Nigerians living abroad who would want to learn the country’s rich history and tradition from the nation’s envoys in their respective countries, may face a brick wall, if the drama that unfolded at last week’s ambassadorial screening was anything to go by.
At the screening of the nominees by the Senate Committee on Foreign Affairs, some of the career diplomats who have worked for over three decades in the Ministry of Foreign Affairs and currently serving in foreign missions, caused a serious embarrassment as they fumbled and muddled up the recitation of the country’s national anthem and pledge.
While the nominees from Anambra, Bauchi and Niger States were unable to sing the national anthem or recite the national pledge properly, leaving legislators and Senate correspondents at the event reeling with uncontrollable laughter, the envoy from Delta State admitted that she did not know the number of local government areas in her state.
It took the intervention of a member of the panel, James Manager (PDP, Delta South), to rescue some of them, even as the Senior Special Assistant to the President on National Assembly Matters (Senate), Ita Enang, made frantic efforts to manage the embarrassing scenario.
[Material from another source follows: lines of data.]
-- ===== src/Workspace/Apply/Files/Rollback.antt =====
-- A change of the files that fails leaves them as they were (local-agent/internal/workspace/apply.go).
use on_code.Prelude.{
  ℕ, ◌+◌, ◌≡◌, ◌∙◌, refl, sym, ap, Bool, true, false, Option, none, some, List, [], ◌∷◌, Bytes,
  Result, ok, err, if◌then◌else◌, bytes_eq, bytes_eq→eq, inl, inr, Bool-cases,
}
use on_code.Prelude.Paths.{FilePath, render}
use on_code.Workspace.Disk.{
  Disk, IsLawful, Stat, found, missing, unknown, Info, Kind, regular, directory, symlink, Read,
  contents, gone, unreadable, Removal, removed, absent, refused,
}
use on_code.Workspace.Resolve.{Workspace, resolve_path}
use on_code.Protocol.Errors.{Code}
use on_code.Workspace.Store.{PlannedFile, delete_file, write_file}
use on_code.Workspace.Apply.Files.Staged.{IsNoStage}
use on_code.Workspace.Apply.Files.{
  Backup, Stop, dir_of, staged_at, saved_by, saved_of, plan_of, Outcome, after_unlink, after_rename,
  after_clear, after_stage, after_mkdir, place, change_to, Round, with_backups, backed_up, resolved,
  change_one, is_forced, forced, then_rest, change_all, restore_text, restore, rollback, tidy,
  change_planned,
}

-- What the roll back of these backups makes of a file that is `v` now.
abbrev pub undone : Bytes → List Backup → Option Bytes → Option Bytes
undone q [] v = v
undone q (b ∷ bs) v = undone q bs (if bytes_eq q (render b.absolute) then b.saved else v)

module _ (D : Disk) (law : IsLawful D) where
  -- Every step of a roll back restored its file; the source does not look.
  abbrev pub Restored : List Backup → D.State → Type 0
  Restored [] s = Unit
  Restored (b ∷ bs) s =
      (law.file (restore D b s) (render b.absolute) ≡ b.saved) × Restored bs (restore D b s)

  restore-other :
      (b : Backup) (s : D.State) (q : Bytes)
      → bytes_eq q (render b.absolute) ≡ false
      → law.file (restore D b s) q ≡ law.file s q
  restore-other b s q e = go b.saved
    where
      go : (o : Option Bytes) → law.file (restore_text D b.absolute o s) q ≡ law.file s q
      go none = law.file-remove s (render b.absolute) q e
      go (some text) =
          law.file-write (D.mkdir_all s (dir_of b.absolute)).1 (render b.absolute) text q e
          ∙ law.file-mkdir_all s (dir_of b.absolute) q

  restore_lem :
      (b : Backup) (s : D.State) (q : Bytes)
      → law.file (restore D b s) (render b.absolute) ≡ b.saved
      → law.file (restore D b s) q
        ≡ (if bytes_eq q (render b.absolute) then b.saved else law.file s q)
  restore_lem b s q e = elim (Bool-cases (bytes_eq q (render b.absolute))) [
    | inl same ↦
        rw same (ap (law.file (restore D b s)) (bytes_eq→eq q (render b.absolute) same) ∙ e)
    | inr other ↦ rw other (restore-other b s q other)
  ]

  rollback_lem :
      (bs : List Backup) (s : D.State) (q : Bytes)
      → Restored bs s
      → law.file (rollback D bs s) q ≡ undone q bs (law.file s q)
  unfolding rollback
  rollback_lem [] s q h = refl
  rollback_lem (b ∷ bs) s q h =
      rollback_lem bs (restore D b s) q h.1 ∙ ap (undone q bs) (restore_lem b s q h.0)

  module _ (s : D.State) (p : Bytes) (saved : Option Bytes) where
    saved_by_lem :
        (i : Info) (k : Kind) (r : Read)
        → D.lstat s p ≡ found i
        → i.kind ≡ k
        → D.read s p ≡ r
        → saved_by k r ≡ ok saved
        → law.file s p ≡ saved
    saved_by_lem i regular (contents text) l e d g =
        law.file-read s p text (rw l (rw e refl)) d ∙ cc g
    saved_by_lem i regular gone l e d g = cc g
    saved_by_lem i regular unreadable l e d g = cc g
    saved_by_lem i symlink r l e d g = cc g
    saved_by_lem i directory r l e d g = law.file-none s p (rw l (rw e refl)) ∙ cc g

    pub saved_of_lem :
        (a : Stat) (r : Read)
        → D.lstat s p ≡ a
        → D.read s p ≡ r
        → saved_of a r ≡ ok saved
        → law.file s p ≡ saved
    saved_of_lem missing r l d g = law.file-none s p (rw l refl) ∙ cc g
    saved_of_lem unknown r l d g = law.file-none s p (rw l refl) ∙ cc g
    saved_of_lem (found i) r l d g = saved_by_lem i i.kind r l refl d g

  -- One path that no staged file is written at.
  module _ (q : Bytes) (away : IsNoStage q) where
    abbrev pub Off : Bytes → D.State → D.State → Type 0
    Off p s t = bytes_eq q p ≡ false → law.file t q ≡ law.file s q

    abbrev pub Elsewhere : Option Bytes → Type 0
    Elsewhere none = Unit
    Elsewhere (some p) = bytes_eq q p ≡ false

    -- where an outcome is a state or stops, the file is as it was, unless it is the one that is changed
    abbrev pub OutcomeOff : Bytes → D.State → List Backup → Outcome D → Type 0
    OutcomeOff p s bs (ok t) = Off p s t
    OutcomeOff p s bs (err x) = (x.taken ≡ bs) × Elsewhere x.leftover × Off p s x.reached

    after_unlink-Off :
        (p : Bytes) (bs : List Backup) (s : D.State) (m : Removal × D.State)
        → Off p s m.1
        → OutcomeOff p s bs (after_unlink D bs m)
    after_unlink-Off p bs s (removed, t) h = h
    after_unlink-Off p bs s (absent, t) h = (refl, tt, h)
    after_unlink-Off p bs s (refused, t) h = (refl, tt, h)

    after_rename-Off :
        (p : Bytes) (bs : List Backup) (s : D.State) (m : Bool × D.State)
        → Off p s m.1
        → OutcomeOff p s bs (after_rename D p bs m)
    after_rename-Off p bs s (true, t) h = h
    after_rename-Off p bs s (false, t) h =
        (refl, tt, λ e. law.file-remove t (staged_at p) q (away p) ∙ h e)

    after_clear-Off :
        (p : Bytes) (bs : List Backup) (s : D.State) (m : Removal × D.State)
        → Off p s m.1
        → OutcomeOff p s bs (after_clear D p bs m)
    after_clear-Off p bs s (refused, t) h =
        (refl, tt, λ e. law.file-remove t (staged_at p) q (away p) ∙ h e)
    after_clear-Off p bs s (removed, t) h =
        after_rename-Off p bs s (D.rename t (staged_at p) p)
          (λ e. law.file-rename t (staged_at p) p q (away p) e ∙ h e)
    after_clear-Off p bs s (absent, t) h =
        after_rename-Off p bs s (D.rename t (staged_at p) p)
          (λ e. law.file-rename t (staged_at p) p q (away p) e ∙ h e)

    after_stage-Off :
        (p : Bytes) (bs : List Backup) (s : D.State) (m : Bool × D.State)
        → Off p s m.1
        → OutcomeOff p s bs (after_stage D p bs m)
    after_stage-Off p bs s (false, t) h = (refl, away p, h)
    after_stage-Off p bs s (true, t) h =
        after_clear-Off p bs s (D.remove t p) (λ e. law.file-remove t p q e ∙ h e)

    after_mkdir-Off :
        (p text : Bytes) (bs : List Backup) (s : D.State) (m : Bool × D.State)
        → Off p s m.1
        → OutcomeOff p s bs (after_mkdir D p text bs m)
    after_mkdir-Off p text bs s (false, t) h = (refl, tt, h)
    after_mkdir-Off p text bs s (true, t) h =
        after_stage-Off p bs s (D.write t (staged_at p) text)
          (λ e. law.file-write t (staged_at p) text q (away p) ∙ h e)

    pub change_to-Off :
        (plan : PlannedFile) (abs : FilePath) (saved : Option Bytes) (bs : List Backup)
        (s : D.State)
        → OutcomeOff (render abs) s bs (change_to D plan abs saved bs s)
    unfolding place
    change_to-Off delete_file abs none bs s = λ e. refl
    change_to-Off delete_file abs (some text) bs s =
        after_unlink-Off (render abs) bs s (D.remove s (render abs))
          (law.file-remove s (render abs) q)
    change_to-Off (write_file text) abs saved bs s =
        after_mkdir-Off (render abs) text bs s (D.mkdir_all s (dir_of abs))
          (λ e. law.file-mkdir_all s (dir_of abs) q)

    -- The roll back from here would make the file what it was at first.
    module _ (v : Option Bytes) where
      abbrev Undoes : List Backup → D.State → Type 0
      Undoes bs s = undone q bs (law.file s q) ≡ v

      abbrev RoundUndoes : Round D → Type 0
      RoundUndoes (ok (bs, s)) = Undoes bs s
      RoundUndoes (err x) = Elsewhere x.leftover × Undoes x.taken x.reached

      backed_up_Undoes :
          (rel : Bytes) (abs : FilePath) (saved : Option Bytes) (bs : List Backup) (s t : D.State)
          → law.file s (render abs) ≡ saved
          → Undoes bs s
          → Off (render abs) s t
          → Undoes (record { relative = rel; absolute = abs; saved = saved } ∷ bs) t
      backed_up_Undoes rel abs saved bs s t e h off = ap (undone q bs) now ∙ h
        where
          now : (if bytes_eq q (render abs) then saved else law.file t q) ≡ law.file s q
          now = elim (Bool-cases (bytes_eq q (render abs))) [
            | inl same ↦ rw same (sym (ap (law.file s) (bytes_eq→eq q (render abs) same) ∙ e))
            | inr other ↦ rw other (off other)
          ]

      with_backups-Undoes :
          (rel : Bytes) (abs : FilePath) (saved : Option Bytes) (bs : List Backup) (s : D.State)
          (o : Outcome D)
          → law.file s (render abs) ≡ saved
          → Undoes bs s
          → OutcomeOff
              (render abs)
              s
              (record { relative = rel; absolute = abs; saved = saved } ∷ bs)
              o
          → RoundUndoes
              (with_backups D (record { relative = rel; absolute = abs; saved = saved } ∷ bs) o)
      with_backups-Undoes rel abs saved bs s (ok t) e h off =
          backed_up_Undoes rel abs saved bs s t e h off
      with_backups-Undoes rel abs saved bs s (err x) e h (taken, elsewhere, off) =
          (elsewhere, rw taken (backed_up_Undoes rel abs saved bs s x.reached e h off))

      backed_up-Undoes :
          (plan : PlannedFile) (rel : Bytes) (abs : FilePath) (r : Result Code (Option Bytes))
          (bs : List Backup) (s : D.State)
          → saved_of (D.lstat s (render abs)) (D.read s (render abs)) ≡ r
          → Undoes bs s
          → RoundUndoes (backed_up D plan rel abs r bs s)
      backed_up-Undoes plan rel abs (err e) bs s now h = (tt, h)
      backed_up-Undoes plan rel abs (ok saved) bs s now h =
          with_backups-Undoes rel abs saved bs s (change_to D plan abs saved _ s)
            (saved_of_lem s (render abs) saved _ _ refl refl now) h
            (change_to-Off plan abs saved _ s)

      resolved-Undoes :
          (plan : PlannedFile) (rel : Bytes) (r : Result Code FilePath) (bs : List Backup)
          (s : D.State)
          → Undoes bs s
          → RoundUndoes (resolved D plan rel r bs s)
      resolved-Undoes plan rel (err e) bs s h = (tt, h)
      resolved-Undoes plan rel (ok abs) bs s h = backed_up-Undoes plan rel abs _ bs s refl h

      forced-Undoes :
          (b : Bool) (bs : List Backup) (s : D.State) (next : Round D)
          → Undoes bs s
          → RoundUndoes next
          → RoundUndoes (forced D b bs s next)
      forced-Undoes true bs s next h g = (tt, h)
      forced-Undoes false bs s next h g = g

      then_rest-Undoes :
          (m : Round D) (rest : List Backup → D.State → Round D)
          → RoundUndoes m
          → ((bs : List Backup) (s : D.State) → Undoes bs s → RoundUndoes (rest bs s))
          → RoundUndoes (then_rest D m rest)
      then_rest-Undoes (err x) rest h g = h
      then_rest-Undoes (ok (bs, s)) rest h g = g bs s h

      change_all-Undoes :
          (ws : Workspace) (planned : List (Bytes × PlannedFile)) (fail_after : ℕ)
          (paths : List Bytes) (applied : ℕ) (bs : List Backup) (s : D.State)
          → Undoes bs s
          → RoundUndoes (change_all D ws planned fail_after paths applied bs s)
      unfolding change_all change_one
      change_all-Undoes ws planned fail_after [] applied bs s h = h
      change_all-Undoes ws planned fail_after (rel ∷ paths) applied bs s h =
          then_rest-Undoes (change_one D ws (plan_of rel planned) rel bs s) _
            (resolved-Undoes (plan_of rel planned) rel (resolve_path D ws s rel) bs s h)
            (λ cs t g.
              forced-Undoes (is_forced D fail_after (applied + 1)) cs t _ g
                (change_all-Undoes ws planned fail_after paths (applied + 1) cs t g))

    tidy-Elsewhere :
        (o : Option Bytes) (s : D.State) → Elsewhere o → law.file (tidy D o s) q ≡ law.file s q
    tidy-Elsewhere none s h = refl
    tidy-Elsewhere (some p) s h = law.file-remove s p q h

  -- A change of the files that fails, at whatever call, leaves every file with the text that it had
  -- before, where each step of the roll back restored its file. Only paths of staged files are left out.
  pub change_planned-restores :
      (ws : Workspace) (planned : List (Bytes × PlannedFile)) (fail_after : ℕ) (paths : List Bytes)
      (s : D.State) (x : Stop D.State) (q : Bytes)
      → change_all D ws planned fail_after paths 0 [] s ≡ err x
      → Restored x.taken x.reached
      → IsNoStage q
      → ((change_planned D ws planned fail_after paths s).0 ≡ err x.reason)
        × (law.file (change_planned D ws planned fail_after paths s).1 q ≡ law.file s q)
  unfolding change_planned
  change_planned-restores ws planned fail_after paths s x q e h away =
      let undo : RoundUndoes q away (law.file s q) (err x) =
        rw e at (change_all-Undoes q away (law.file s q) ws planned fail_after paths 0 [] s refl) in
      rw e (
        refl,
        tidy-Elsewhere q away x.leftover (rollback D x.taken x.reached) undo.0
            ∙ rollback_lem x.taken x.reached q h
            ∙ undo.1,
      )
As if that was not enough, the most shocking of all came from the Benue State nominee, Jane Ndem, who said the capital of Lagos is Lagos… Yes, Lagos and not Ikeja.
She was responding to a question asked by the Chairman of the Committee, Monsurat Sunmonu (APC, Oyo Central), asking her to name 12 states and their state capitals.
Apparently dazed by her submission, Manager interjected by asking capital of Lagos, Lagos? To which the long-standing diplomat affirmed: “Yes, capital of Lagos State is Lagos because I started my working career there”.
In order not to embarrass themselves, most of the nominees were armed with ‘Current Affairs’ to brush up their knowledge of history and recent developments in the country while in the waiting room for their screening. In fact, a colleague jokingly said he heard one of the diplomats reciting states and capitals like a four-year-old child.
And just like one man’s poison is another man’s meat, Enang described the screening exercise as the most thorough he had witnessed during his time in the National Assembly.
In what could be a fait accompli, Senate President Bukola Saraki, urged the 47 nominees to keep Nigeria’s flag flying and represent the country positively in their respective postings. He gave the charge when Enang led a delegation of the ambassadorial nominees to Saraki immediately after the screening exercise.
With Saraki’s subtle endorsement of the nominees, one needs not study rocket science to know that the nominees have been confirmed by the Red Chamber even before the September 13 resumption from annual recess.
Even though a school-of-thought has come to the defence of the career diplomats on the grounds that there is no correlation between a candidate’s performance at a job interview and his actual job performance, it is unforgivable for an envoy who is supposed to be the symbol of his country not to be able to recite his country’s national anthem and pledge properly. The question then arises: if they can’t sing the national anthem, recite the pledge properly, the number of local governments in their states or the capitals of some states, what then do they not know?
The development comes as stakeholders in the education sector have called for the reinstatement of History as a core subject in primary and secondary school curriculum.
Talking of recent history, the last is yet to be heard about the controversy trailing the 2016 budget, as allegations and counter-allegations over N481billion padding of this year’s budget have continued to gather steam.
After meeting with President Muhammadu Buhari at the State House Monday last week, former President Olusegun Obasanjo lashed out at members of the National Assembly, describing them as “armed robbers and rogues”.
Obasanjo had said the ongoing revelation by a former Chairman of the House of Representatives’ Committee on Appropriation Abdulmumin Jibrin on budget padding in the National Assembly had proved him right that the lawmakers were corrupt. The elder statesman said the best way out of the current mess was to ensure that only men of integrity were elected into the National Assembly.
He said the allegations of 2016 budget padding in the House of Representatives had confirmed his statements in 2012 that the nation’s parliament was corrupt.
But Obasanjo’s criticism did not go down well with the Deputy Majority Leader of the Senate, Bala Na’Allah, who said it was the ex-President that instituted corruption by bribing federal lawmakers to back his Third Term ambition when he was the President.
While promising to vacate his seat should the former President tender ‘one proven record of corruption’ against him, the ranking senator said he was the only member from Kebbi State, who did not find it worthy at that time to collect N50million as inducement to subvert the constitution and provide a constitutional framework for the failed Third Term ambition of Obasanjo.
As Jibrin and Speaker of the House of Representatives Yakubu Dogara fight dirty over padding of this year’s budget, Nigerians are keenly waiting for the skeleton in the cupboard of the Senate leadership to be exposed as it relates to the 2016 budget.
This will only happen when they commence ‘roforofo’ fight, as being experienced in the lower house.